Die Verantwortlichen, allen voran, Detective Ralph Anderson, sind überfordert. Er bereut inzwischen den showartigen Verhaftungszirkus im Stadion zusammen mit dem ehrgeizigen Bezirksstaatsanwalt Bill Samuels. Die Widersprüche nagen an dem integren Detective und nach einer kurzzeitigen Suspendierung stellt er zusammen mit dem Anwalt Gold und dem Privatdetektiv Alec Pelly eigene Ermittlungen an. Als dazu Informationen aus einem anderen Bundesstaat benötigt werden, stößt auch noch die Privatermittlerin Holly Gibney dazu. Die schrullige Detektivin, ausgestattet mit einigen Zwangsneurosen, kennt man vielleicht aus der Bill-Hodges-Trilogie. Und diese sollte man vorher gelesen haben, da wirklich viel gepoilert wird!

Fazit

So sehr ich mich über das Auftauchen von Holly Gibney gefreut habe, geht dem Thriller in der zweiten Romanhälfte leider etwas die Luft aus. Die rätselhafte Geschichte lässt sich nicht plausibel auflösen und Stephen King zieht hier den übernatürlichen Joker. Obwohl dann natürlich das logische Mitraten wegfällt, habe ich gar kein Problem mit einem Wechsel ins Metaphysische. Aber zum einen verdrängt Holly den bisherigen Protagonisten Ralph Anderson und durchschaut relativ schnell das böse Horrorwesen. Und zum anderen konnte mich der Antagonist nicht restlos überzeugen. Der Gestaltwandler, der sich von Trauer und Elend nährt und sich auf eine mexikanische Folklegende bezieht, schien mir nicht komplett durchdacht und ist in Teilen ein alberner und wenig bedrohlicher Dämon.
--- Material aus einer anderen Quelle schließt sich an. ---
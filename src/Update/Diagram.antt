-- ===== src/Update/Diagram.antt =====
-- kernel/runtime/update.c: which states a call leads from and to.
use osai.Prelude.{
  Status, ℕ, ◌≡◌, refl, arith, Bool, true, false, not, ◌||◌, ◌&&◌, ◌==◌, Option, none, some, List,
  Bool-cases, Option-cases, subst, inl, inr,
}
use osai.Sha256.{sha256_final}
use osai.Update.{
  UpdateState, idle, pending, staged, committed, failed, recovered, rolled_back, Updates, Answers,
  update_begin, update_stage, update_commit, update_fail, update_recover_boot, update_rollback,
  is_pending, is_staged, is_failed, is_committed,
}
use osai.Update.Target.{target_valid}
use osai.Update.Chunks.{
  stage_bytes, compare_hash, same_bytes, update_stage_chunk, update_verify_hash,
}

-- A call on a transaction: a chunk with the staging file as it is found, and the hash that is
-- expected. `update_runtime_init`, which clears the transaction, and `update_parse_manifest`, which
-- does not touch it, are not among these calls.
pub data Call : Type 0 where
  begin : ℕ → List ℕ → Call
  stage commit fail recover roll_back : Call
  stage_chunk : Option (List ℕ) → List ℕ → Call
  verify_hash : Option (List ℕ) → Call

-- One call: its result and the state after it.
unfoldable pub serve : Answers → Call → Updates → Option (Status × Updates)
unfolding update_begin update_stage update_commit update_fail update_recover_boot update_rollback
    update_stage_chunk update_verify_hash
serve a (begin generation target) u = some (update_begin a generation target u)
serve a stage u = some (update_stage a u)
serve a commit u = some (update_commit a u)
serve a fail u = some (update_fail a u)
serve a recover u = some (update_recover_boot a u)
serve a roll_back u = some (update_rollback a u)
serve a (stage_chunk bytes file) u =
    let (e, u', file') = update_stage_chunk a bytes u file in some (e, u')
serve a (verify_hash expected) u = update_verify_hash a expected u

-- Whether the transaction is open, its state, and whether a hash is being computed.
pub record Phase : Type 0 where
  pub active : Bool
  pub state : UpdateState
  pub hashing : Bool

abbrev pub phase : Updates → Phase
phase u = record {
  active = u.transaction.active;
  state = u.transaction.state;
  hashing = u.chunk_staging_active;
}

abbrev phase_hashing : Updates → Bool
phase_hashing u = u.chunk_staging_active

abbrev pub at : Bool → UpdateState → Bool → Phase
at a s h = record { active = a; state = s; hashing = h }

-- The moves of a transaction.
pub data Move (p q : Phase) : Type 0 where
  stays : q ≡ p → Move p q
  begins : p.active ≡ false → q ≡ at true pending p.hashing → Move p q
  aborts : p.active ≡ false → q ≡ at false idle p.hashing → Move p q
  stages : p.active ≡ true → p.state ≡ pending → q ≡ at true staged p.hashing → Move p q
  commits : p.active ≡ true → p.state ≡ staged → q ≡ at true committed p.hashing → Move p q
  fails : p.active ≡ true → p.state ≡ staged → q ≡ at true failed p.hashing → Move p q
  recovers :
      (a : Bool) → p.active ≡ true → p.state ≡ failed → q ≡ at a recovered p.hashing → Move p q
  rolls_back :
      (a : Bool) → p.active ≡ true → p.state ≡ committed → q ≡ at a rolled_back p.hashing → Move p q
  hashes : p.active ≡ true → p.state ≡ pending → q ≡ at true pending true → Move p q
  matches : p.active ≡ true → p.hashing ≡ true → q ≡ at true staged false → Move p q
  differs : p.active ≡ true → p.hashing ≡ true → q ≡ at true failed false → Move p q

module _ (a : Answers) (u : Updates) where
  begin-Move : (g : ℕ) (t : List ℕ) → Move (phase u) (phase (update_begin a g t u).1)
  unfolding update_begin
  begin-Move g t =
      elim (Bool-cases
        (u.transaction.active || g == 0 || not (target_valid t) || not a.signature_authorized)) [
          | inl refused ↦ stays (ground arith)
          | inr fine ↦ elim (Bool-cases (not a.snapshot || not a.recorded)) [
            | inl broken ↦ aborts (ground arith) (ground arith)
            | inr done ↦ begins (ground arith) (ground arith)
          ]
        ]

  stage-Move : Move (phase u) (phase (update_stage a u).1)
  unfolding update_stage
  stage-Move = elim (Bool-cases (u.transaction.active && is_pending u.transaction.state)) [
    | inr refused ↦ stays (ground arith)
    | inl fine ↦ stages (ground arith) (ground arith) (ground arith)
  ]

  commit-Move : Move (phase u) (phase (update_commit a u).1)
  unfolding update_commit
  commit-Move = elim (Bool-cases (u.transaction.active && is_staged u.transaction.state)) [
    | inr refused ↦ stays (ground arith)
    | inl fine ↦ commits (ground arith) (ground arith) (ground arith)
  ]

  fail-Move : Move (phase u) (phase (update_fail a u).1)
  unfolding update_fail
  fail-Move = elim (Bool-cases (u.transaction.active && is_staged u.transaction.state)) [
    | inr refused ↦ stays (ground arith)
    | inl fine ↦ fails (ground arith) (ground arith) (ground arith)
  ]

  recover-Move : Move (phase u) (phase (update_recover_boot a u).1)
  unfolding update_recover_boot
  recover-Move =
      elim (Bool-cases
        (u.transaction.active && is_failed u.transaction.state && a.restored && a.fs_rolled_back)) [
          | inr refused ↦ stays (ground arith)
          | inl fine ↦ recovers (not a.recorded) (ground arith) (ground arith) (ground arith)
        ]

  roll_back-Move : Move (phase u) (phase (update_rollback a u).1)
  unfolding update_rollback
  roll_back-Move =
      elim (Bool-cases (
        u.transaction.active
        && is_committed u.transaction.state
        && a.rollback_authorized
        && a.restored
        && a.fs_rolled_back)) [
          | inr refused ↦ stays (ground arith)
          | inl fine ↦ rolls_back (not a.recorded) (ground arith) (ground arith) (ground arith)
        ]

  stage_bytes-Move : (bytes file : List ℕ) → Move (phase u) (phase (stage_bytes a bytes u file).1)
  unfolding stage_bytes
  stage_bytes-Move bytes file =
      elim (Bool-cases (u.transaction.active && is_pending u.transaction.state)) [
        | inr refused ↦ stays (ground arith)
        | inl fine ↦ elim (Bool-cases (phase_hashing (stage_bytes a bytes u file).1)) [
          | inl on ↦ hashes (ground arith) (ground arith) (ground arith)
          | inr off ↦ stays (ground arith)
        ]
      ]

  compare-Move :
      (expected computed : List ℕ)
      → u.transaction.active ≡ true
      → u.chunk_staging_active ≡ true
      → Move (phase u) (phase (compare_hash a expected u computed).1)
  unfolding compare_hash
  compare-Move expected computed on hashing = elim (Bool-cases (same_bytes computed expected)) [
    | inl same ↦ matches on hashing (ground arith)
    | inr other ↦ differs on hashing (ground arith)
  ]

  update_verify_hash-Move :
      (expected : Option (List ℕ)) {out : Status × Updates}
      → update_verify_hash a expected u ≡ some out
      → Move (phase u) (phase out.1)
  unfolding update_verify_hash
  update_verify_hash-Move none h = stays (ground arith)
  update_verify_hash-Move (some expected) {out} h =
      elim (Bool-cases (u.transaction.active && u.chunk_staging_active)) [
        | inr refused ↦ stays (ground arith)
        | inl fine ↦ elim (Option-cases (sha256_final u.chunk_hash)) [
          | inl stuck ↦ absurd (ground arith)
          | inr (computed, ends) ↦
              let result : compare_hash a expected u computed ≡ out = ground arith in
              subst (λ (r : Status × Updates). Move (phase u) (phase r.1)) result
                (compare-Move expected computed (ground arith) (ground arith))
        ]
      ]

  -- What a call that returns `x` does to the phase, by its result.
  by_result :
      {x out : Status × Updates}
      → some x ≡ some out
      → Move (phase u) (phase x.1)
      → Move (phase u) (phase out.1)
  by_result {x} {out} h m =
      let same : x ≡ out = cc in subst (λ (r : Status × Updates). Move (phase u) (phase r.1)) same m

  -- Every call on a transaction (beginning, staging, commit, failure, recovery, rollback, chunk and
  -- verification) that returns leaves it as it is, or moves it along the diagram `Move`; this holds
  -- whatever the other files answer.
  pub serve-Move :
      (c : Call) {out : Status × Updates} → serve a c u ≡ some out → Move (phase u) (phase out.1)
  unfolding serve
  serve-Move (begin g t) h = by_result h (begin-Move g t)
  serve-Move stage h = by_result h stage-Move
  serve-Move commit h = by_result h commit-Move
  serve-Move fail h = by_result h fail-Move
  serve-Move recover h = by_result h recover-Move
  serve-Move roll_back h = by_result h roll_back-Move
  serve-Move (stage_chunk none file) h = by_result h (stays refl)
  serve-Move (stage_chunk (some bytes) file) h = by_result h (stage_bytes-Move bytes file)
  serve-Move (verify_hash expected) h = update_verify_hash-Move expected h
Die Handlung flacht bis zum großen Showdown in einer Tropfsteinhöhle in Marysville auch durch viele Wiederholungen leider etwas ab und die Auflösung kann nicht vollständig überzeugen.
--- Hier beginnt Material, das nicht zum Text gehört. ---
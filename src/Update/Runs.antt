-- ===== src/Update/Runs.antt =====
-- kernel/runtime/update.c: runs of calls, each with its answers, and what they preserve.
use osai.Prelude.{
  Status, ℕ, ◌≡◌, arith, ◌&&◌, Option, none, some, List, [], ◌∷◌, Bool-cases, Option-cases, inl,
  inr, subst,
}
use osai.Prelude.Status.{invalid}
use osai.Sha256.{sha256_final}
use osai.Update.{
  Updates, Answers, update_begin, update_stage, update_commit, update_fail, update_recover_boot,
  update_rollback, reject, set_error,
}
use osai.Update.Chunks.{stage_bytes, update_verify_hash, compare_hash}
use osai.Update.Diagram.{
  Call, begin, stage, commit, fail, recover, roll_back, stage_chunk, verify_hash, serve,
}

-- The state after some calls; none if one of them does not return.
unfoldable pub run : Updates → List (Answers × Call) → Option Updates
unfolding serve
run u [] = some u
run u ((a, c) ∷ calls) = elim (serve a c u) [ none ↦ none | some out ↦ run out.1 calls ]

-- A property that each operation preserves.
pub record Keeps (P : Updates → Type 0) : Type 0 where
  pub begins : (a : Answers) (g : ℕ) (t : List ℕ) {u : Updates} → P u → P (update_begin a g t u).1
  pub stages : (a : Answers) {u : Updates} → P u → P (update_stage a u).1
  pub commits : (a : Answers) {u : Updates} → P u → P (update_commit a u).1
  pub fails : (a : Answers) {u : Updates} → P u → P (update_fail a u).1
  pub recovers : (a : Answers) {u : Updates} → P u → P (update_recover_boot a u).1
  pub rolls_back : (a : Answers) {u : Updates} → P u → P (update_rollback a u).1
  pub delivers :
      (a : Answers) (bytes file : List ℕ) {u : Updates} → P u → P (stage_bytes a bytes u file).1
  pub compares :
      (a : Answers) (expected computed : List ℕ) {u : Updates}
      → P u
      → P (compare_hash a expected u computed).1
  pub refuses : {u : Updates} → P u → P (reject (set_error invalid u))

module _ {P : Updates → Type 0} (k : Keeps P) where
  by_result : {x out : Status × Updates} → some x ≡ some out → P x.1 → P out.1
  by_result {x} {out} h m =
      let same : x ≡ out = cc in subst (λ (r : Status × Updates). P r.1) same m

  update_verify_hash-keeps :
      (a : Answers) (expected : Option (List ℕ)) {u : Updates} {out : Status × Updates}
      → P u
      → update_verify_hash a expected u ≡ some out
      → P out.1
  unfolding update_verify_hash
  update_verify_hash-keeps a none p h = by_result h (k.refuses p)
  update_verify_hash-keeps a (some expected) {u} {out} p h =
      elim (Bool-cases (u.transaction.active && u.chunk_staging_active)) [
        | inr refused ↦
            let result : reject (set_error invalid u) ≡ out.1 = ground arith in
            subst P result (k.refuses p)
        | inl fine ↦ elim (Option-cases (sha256_final u.chunk_hash)) [
          | inl stuck ↦ absurd (ground arith)
          | inr (computed, ends) ↦
              let result : compare_hash a expected u computed ≡ out = ground arith in
              subst (λ (r : Status × Updates). P r.1) result (k.compares a expected computed p)
        ]
      ]

  pub serve-keeps :
      (a : Answers) (c : Call) {u : Updates} {out : Status × Updates}
      → P u
      → serve a c u ≡ some out
      → P out.1
  unfolding serve
  serve-keeps a (begin g t) p h = by_result h (k.begins a g t p)
  serve-keeps a stage p h = by_result h (k.stages a p)
  serve-keeps a commit p h = by_result h (k.commits a p)
  serve-keeps a fail p h = by_result h (k.fails a p)
  serve-keeps a recover p h = by_result h (k.recovers a p)
  serve-keeps a roll_back p h = by_result h (k.rolls_back a p)
  serve-keeps a (stage_chunk none file) p h = by_result h (k.refuses p)
  serve-keeps a (stage_chunk (some bytes) file) p h = by_result h (k.delivers a bytes file p)
  serve-keeps a (verify_hash expected) p h = update_verify_hash-keeps a expected p h

  pub run-keeps :
      (u : Updates) (calls : List (Answers × Call)) {u' : Updates}
      → P u
      → run u calls ≡ some u'
      → P u'
  unfolding run
  run-keeps u [] p h = let same : u ≡ _ = cc in subst P same p
  run-keeps u ((a, c) ∷ calls) p h = elim (Option-cases (serve a c u)) [
    | inl stops ↦ absurd (ground arith)
    | inr (out, serves) ↦ run-keeps out.1 calls (serve-keeps a c p serves) (ground arith)
  ]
Stephen King ist ein großer, begnadeter Erzähler, egal welches Genre er bedient. Der Outsider ist eine komplex gestrickte Mischung aus klassischem Krimi und Horrormär mit intensiven Passagen am Anfang, in denen der Autor mit seinem schriftstellerischen Können glänzt und der zum Schluss etwas schwächelt und an Raffinesse verliert. So als hätte der Autor keine Lust mehr gehabt und die Geschichte schnell zu Ende gefrickelt.

Das macht David Nathan aber mit seiner begeisterten Lesung wieder wett. Er lässt sich richtig in die weit ausgebreitete Geschichte fallen und gestaltet die verschiedenen, lebensnahen Charaktere wirklich hervorragend. Kings Art zu schreiben ist wie für Hörbücher gemacht und Nathan gelingt es problemlos Bilder in die Köpfe der Hörer zu transportieren.

 

Rezension und Foto von Andy Ruhr.

Der Outsider |Das Hörbuch erschien am 27. August 2018 bei RandomHouse Audio
ISBN 978-3-8371-4284-6
3 mp3 CDs | 24.- Euro
Laufzeit der ungekürzten Lesung: 19 Stunden 9 Minuten
Original-Titel: Outsider (Scribner)
Sprecher: David Nathan
Bibliografische Angaben & Hörprobe

Diese Rezension erscheint im Rahmen des .17special Mini-Spezials Stephen King.